The work of Poul Kjærholm was at once deeply rooted in the Danish furniture tradition and inspired by artistic movements all over Europe. The German Bauhaus School, furniture designers Gerrit Rietveld, Mies van der Rohe, and Charles Eames, as well as Danish furniture designer Kaare Klint and his contemporaries, all contributed to shaping Kjærholm as a furniture designer.

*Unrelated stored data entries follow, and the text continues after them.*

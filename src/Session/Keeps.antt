-- ===== src/Session/Keeps.antt =====
-- The handlers of the session that give out no runtime id keep the table of players sound.
use open_ai_mc_be_server.Session.Players.{write_packet, or_return, write_packet_to_clients}
use open_ai_mc_be_server.Prelude.{
  ◌||◌, ◌&&◌, ℕ, Bool, true, false, List, Option, none, some, ◌==◌, not, if◌then◌else◌,
}
use open_ai_mc_be_server.Session.State.{
  await_initialised, player_spawn, initial_chunks, held_item, container_open, inventory_content,
  resource_packs_info, creative_content, player_joined, server_handshake, disconnect,
  biome_definition_list, login_success, container_close, network_settings, resource_pack_stack,
  spawned, await_resource_pack_response, chunk_radius_updated, SessionState, LoginData, Message,
  Server, Handler, ignore, return_ok, return_err, spawned_players_except,
}
use open_ai_mc_be_server.Session.Packets.{
  loading_start, loading_end, loading_unknown, loading_other, before_initialised, track_loading,
  same_id, set_state, LoadingScreen,
}
use open_ai_mc_be_server.Session.Handlers.{
  interact, handle_container_close, handle_server_bound_loading_screen,
  handle_set_local_player_as_initialised, handle_request_chunk_radius,
  handle_request_network_settings, send_resource_pack_stack, accept_login, handle_login,
  handle_client_to_server_handshake, handle_open_inventory,
}
use open_ai_mc_be_server.Session.Writes.{
  spawn_to_initialised_players-WritesOnly, write_packet_to_clients-WritesOnly,
  write_packet-WritesOnly,
}
use open_ai_mc_be_server.Session.Table.{IsTable, Keeps, WritesOnly-Keeps, Keeps->>, assign-Keeps}

pub Keeps-if : (b : Bool) (m k : Handler) → Keeps m → Keeps k → Keeps (if b then m else k)
Keeps-if true m k hm hk = hm
Keeps-if false m k hm hk = hk

-- A choice that the state makes.
pub Keeps-if-at :
    (b : Bool) (m k : Handler) (s : Server)
    → Keeps m
    → Keeps k
    → IsTable s
    → IsTable (if b then m s else k s).1
Keeps-if-at true m k s hm hk t = hm.keep s t
Keeps-if-at false m k s hm hk t = hk.keep s t

pub ok-Keeps : Keeps return_ok
ok-Keeps = record { keep = λ s t. t }

pub err-Keeps : Keeps return_err
err-Keeps = record { keep = λ s t. t }

pub ignore-Keeps : (m : Handler) → Keeps m → Keeps (ignore m)
ignore-Keeps m h = record { keep = h.keep }

pub or_return-Keeps : (b : Bool) (m : Handler) → Keeps m → Keeps (or_return b m)
or_return-Keeps true m h = h
or_return-Keeps false m h = ok-Keeps

pub set_state-Keeps : (ref : ℕ) (state : SessionState) → Keeps (set_state ref state)
set_state-Keeps ref state = assign-Keeps ref _ (λ c u. u)

pub track_loading-Keeps :
    (ref : ℕ) (kind : LoadingScreen) (id : Option ℕ) → Keeps (track_loading ref kind id)
track_loading-Keeps ref loading_start none = assign-Keeps ref _ (λ c u. u)
track_loading-Keeps ref loading_start (some i) = assign-Keeps ref _ (λ c u. u)
track_loading-Keeps ref loading_end id = assign-Keeps ref _ (λ c u. u)
track_loading-Keeps ref loading_unknown id = ok-Keeps
track_loading-Keeps ref loading_other id = err-Keeps

module _ (delivers : ℕ → Message → Bool) (current : ℕ) where
  pub write-Keeps : (ref : ℕ) (m : Message) → Keeps (write_packet delivers ref m)
  write-Keeps ref m = WritesOnly-Keeps _ (write_packet-WritesOnly delivers ref m)

  pub settings-Keeps :
      (ref protocol : ℕ) → Keeps (handle_request_network_settings delivers current ref protocol)
  unfolding handle_request_network_settings
  settings-Keeps ref protocol =
      Keeps-if _ _ _ (Keeps->> _ return_err (ignore-Keeps _ (write-Keeps ref _)) err-Keeps)
        (Keeps->> _ _ (write-Keeps ref network_settings) (assign-Keeps ref _ (λ c u. u)))

  pub packets-Keeps :
      (refs : List ℕ) (m : Message) → Keeps (write_packet_to_clients delivers refs m)
  packets-Keeps refs m = WritesOnly-Keeps _ (write_packet_to_clients-WritesOnly delivers refs m)

  pub accept-Keeps :
      (ref : ℕ) (data_of : LoginData) → Keeps (accept_login delivers current ref data_of)
  accept-Keeps ref data_of = record {
    keep = λ s.
        Keeps-if-at (s.online_mode && not data_of.xbox_live_authenticated) _ _ s
          (Keeps->> _ return_err (ignore-Keeps _ (write-Keeps ref disconnect)) err-Keeps)
          (Keeps->> _ _ (assign-Keeps ref _ (λ c u. u)) (
            Keeps-if data_of.has_public_key _ _
              (Keeps->> _ _ (write-Keeps ref server_handshake) (assign-Keeps ref _ (λ c u. u)))
              err-Keeps));
  }

  pub login-Keeps :
      (ref protocol : ℕ) (parsed : Option LoginData)
      → Keeps (handle_login delivers current ref protocol parsed)
  unfolding handle_login
  login-Keeps ref protocol none =
      Keeps-if _ _ _ (Keeps->> _ return_err (ignore-Keeps _ (write-Keeps ref _)) err-Keeps)
        err-Keeps
  login-Keeps ref protocol (some data_of) =
      Keeps-if _ _ _ (Keeps->> _ return_err (ignore-Keeps _ (write-Keeps ref _)) err-Keeps)
        (accept-Keeps ref data_of)

  pub handshake-Keeps : (ref : ℕ) → Keeps (handle_client_to_server_handshake delivers current ref)
  unfolding handle_client_to_server_handshake
  handshake-Keeps ref =
      Keeps->> _ _
        (Keeps->> _ _ (set_state-Keeps ref await_resource_pack_response)
          (write-Keeps ref login_success))
        (write-Keeps ref resource_packs_info)

  pub stack-Keeps : (ref : ℕ) → Keeps (send_resource_pack_stack delivers current ref)
  unfolding send_resource_pack_stack
  stack-Keeps ref = record {
    keep = λ s.
        Keeps-if-at (s.clients ref).stack_sent return_ok _ s ok-Keeps
          (Keeps->> _ _ (assign-Keeps ref _ (λ c u. u)) (write-Keeps ref resource_pack_stack));
  }

  pub radius-Keeps :
      (ref radius : ℕ) → Keeps (handle_request_chunk_radius delivers current ref radius)
  unfolding handle_request_chunk_radius
  radius-Keeps ref radius = record {
    keep = λ s.
        let chunks =
          or_return-Keeps (not (s.clients ref).chunks_sent) _
            (Keeps->> _ _ (write-Keeps ref initial_chunks) (assign-Keeps ref _ (λ c u. u))) in
        Keeps-if-at (radius == 0) return_err _ s err-Keeps (
          Keeps->> _ _
            (Keeps->> _ _
              (Keeps->> _ _
                (Keeps->> _ _
                  (Keeps->> _ _
                    (Keeps->> _ _
                      (Keeps->> _ _
                        (Keeps->> _ _ (write-Keeps ref chunk_radius_updated)
                          (write-Keeps ref biome_definition_list))
                        (write-Keeps ref creative_content))
                      (write-Keeps ref inventory_content))
                    (write-Keeps ref inventory_content))
                  (write-Keeps ref held_item))
                chunks)
              (write-Keeps ref player_spawn))
            (set_state-Keeps ref await_initialised));
  }

  pub initialised-Keeps :
      (ref id : ℕ) → Keeps (handle_set_local_player_as_initialised delivers current ref id)
  unfolding handle_set_local_player_as_initialised
  initialised-Keeps ref id = record {
    keep = λ s. Keeps-if-at (not (id == (s.clients ref).runtime_id)) return_err _ s err-Keeps (
        Keeps->> _ _
          (Keeps->> _ _ (set_state-Keeps ref spawned)
            (WritesOnly-Keeps _ (spawn_to_initialised_players-WritesOnly delivers ref)))
          (record {
            keep = λ s'. (packets-Keeps (spawned_players_except s' ref) player_joined).keep s';
          }));
  }

  pub screen-Keeps :
      (ref : ℕ) (kind : LoadingScreen) (id : Option ℕ)
      → Keeps (handle_server_bound_loading_screen delivers current ref kind id)
  unfolding handle_server_bound_loading_screen
  screen-Keeps ref kind id = record {
    keep = λ s.
        Keeps-if-at (not (same_id id (s.clients ref).loading_screen_id)) return_err _ s err-Keeps
          (track_loading-Keeps ref kind id);
  }

  pub inventory-Keeps : (ref : ℕ) → Keeps (handle_open_inventory delivers current ref)
  unfolding handle_open_inventory
  inventory-Keeps ref = record {
    keep = λ s.
        Keeps-if-at (before_initialised (s.clients ref).state || (s.clients ref).inventory_open)
          return_ok _ s ok-Keeps
          (Keeps->> _ _ (assign-Keeps ref _ (λ c u. u)) (write-Keeps ref container_open));
  }

  pub interact-Keeps : (ref : ℕ) → Keeps (interact delivers current ref)
  interact-Keeps ref = record {
    keep = λ s.
        Keeps-if-at ((s.clients ref).runtime_id == 0) return_ok _ s ok-Keeps (inventory-Keeps ref);
  }

  pub close-Keeps : (ref window : ℕ) → Keeps (handle_container_close delivers current ref window)
  unfolding handle_container_close
  close-Keeps ref window =
      Keeps-if (window == 0) _ _
        (Keeps->> _ _ (assign-Keeps ref _ (λ c u. u)) (write-Keeps ref container_close))
        (Keeps-if (window == 255) _ return_err (assign-Keeps ref _ (λ c u. u)) err-Keeps)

Kjærholm made a name for himself primarily with his functionalist steel, leather, and glass furniture, although he originally trained as a cabinetmaker in hjørring, Denmark in 1949. he then went on to study furniture design at the Danish School of Arts and Crafts (now the Royal Danish Academy of Fine Arts, School of Design) in Copenhagen, graduating in 1952 and returning again to teach shortly after. In 1955, he became a lecturer at the Royal Danish Academy of Fine Arts and was appointed a professor in 1976, succeeding Ole Wanscher. Kjærholm remained at the Academy until his death in 1980.

Throughout his work – as both an educator and a furniture designer – Kjærholm made function and clarity his hallmarks. Whatever material he worked with, Kjærholm, in his own quiet way, allowed the furniture to speak its own simple language. An idealist in his field, he refrained from easy solutions and never allowed himself to be guided by changing fads.

Driven by the dual desire to realize each material’s inherent nature and to create harmony between material and form, Kjærholm often felt that there was only one solution to a given problem. He was a demanding teacher guided by perfectionism and discipline, his idealistic approach to design also manifesting itself among his students.